- Data for this task

◇ ◇ ◇ ◇

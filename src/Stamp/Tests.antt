-- ===== src/Stamp/Tests.antt =====
-- A handler that keeps the attributes of With, and the theorem at it.
use scam.Base.{◌≡◌, true, List, [], ◌∷◌, ◌++◌, Text, codes, leb}
use scam.Samples.{empty_log}
use scam.Identity.{Setting, IdentityAttr, string, group, attrs_of, start, rounds}
use scam.Identity.Lookup.{Round, no_identity, secret, no_self, unanswered}
use scam.Stamp.{SlogRecord, Slog, add_attrs, with_cluster_attrs, enabled, handle}
use scam.Stamp.Current.{attrs, derive, derive_plain, handle-current}

-- The keys of the attributes, behind those that With has added.
abbrev keys : List IdentityAttr → Text
keys [] = []
keys (string key value ∷ as') = key ++ keys as'
keys (group key values ∷ as') = key ++ keys as'

abbrev keyed : Slog IdentityAttr
keyed = record {
  Handler = List IdentityAttr;
  enabled = λ h level. leb 8 level;
  handle = λ h r. r.message ++ keys (h ++ r.attrs);
  with_attrs = λ h added. h ++ added;
  with_group = λ h name. h;
}

abbrev setting : Setting
setting = record {
  env = λ name. [];
  build = record { version = codes "dev"; commit = codes "unknown" };
  endpoint = codes "https://ror.io/";
  cluster_id = codes "uid-1";
}

abbrev failing : Round
failing = record {
  secret = secret [];
  self = no_self (codes "timeout");
  cluster = unanswered (codes "timeout");
}

abbrev line : SlogRecord IdentityAttr
line = record { level = 8; message = codes "ADD"; attrs = [] }

handle-current_example :
    (handle keyed
        (rounds setting (start setting no_identity) (failing ∷ []) empty_log).0.cluster_attrs
        (derive keyed (attrs (string (codes "a") [] ∷ []) ∷ []) (with_cluster_attrs keyed []))
        line
      ≡ keyed.handle (derive_plain keyed (attrs (string (codes "a") [] ∷ []) ∷ []) []) (
          add_attrs line (
            attrs_of setting
              (rounds setting (start setting no_identity) (failing ∷ []) empty_log).0.current)))
    × (enabled keyed
          (derive keyed (attrs (string (codes "a") [] ∷ []) ∷ []) (with_cluster_attrs keyed []))
          8
        ≡ true)
handle-current_example =
    handle-current keyed [] (attrs (string (codes "a") [] ∷ []) ∷ []) setting no_identity
      (failing ∷ []) empty_log line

◇ ◇ ◇ ◇

- Your assignment
The required output is the exact run of lines from the beginning of the listing above to the line that contains "(handle keyed", inclusive of both.

- Answer to this problem
filename src/Stamp/Tests.antt
-- ===== src/Stamp/Tests.antt =====
-- A handler that keeps the attributes of With, and the theorem at it.
use scam.Base.{◌≡◌, true, List, [], ◌∷◌, ◌++◌, Text, codes, leb}
use scam.Samples.{empty_log}
use scam.Identity.{Setting, IdentityAttr, string, group, attrs_of, start, rounds}
use scam.Identity.Lookup.{Round, no_identity, secret, no_self, unanswered}
use scam.Stamp.{SlogRecord, Slog, add_attrs, with_cluster_attrs, enabled, handle}
use scam.Stamp.Current.{attrs, derive, derive_plain, handle-current}

-- The keys of the attributes, behind those that With has added.
abbrev keys : List IdentityAttr → Text
keys [] = []
keys (string key value ∷ as') = key ++ keys as'
keys (group key values ∷ as') = key ++ keys as'

abbrev keyed : Slog IdentityAttr
keyed = record {
  Handler = List IdentityAttr;
  enabled = λ h level. leb 8 level;
  handle = λ h r. r.message ++ keys (h ++ r.attrs);
  with_attrs = λ h added. h ++ added;
  with_group = λ h name. h;
}

abbrev setting : Setting
setting = record {
  env = λ name. [];
  build = record { version = codes "dev"; commit = codes "unknown" };
  endpoint = codes "https://ror.io/";
  cluster_id = codes "uid-1";
}

abbrev failing : Round
failing = record {
  secret = secret [];
  self = no_self (codes "timeout");
  cluster = unanswered (codes "timeout");
}

abbrev line : SlogRecord IdentityAttr
line = record { level = 8; message = codes "ADD"; attrs = [] }

handle-current_example :
    (handle keyed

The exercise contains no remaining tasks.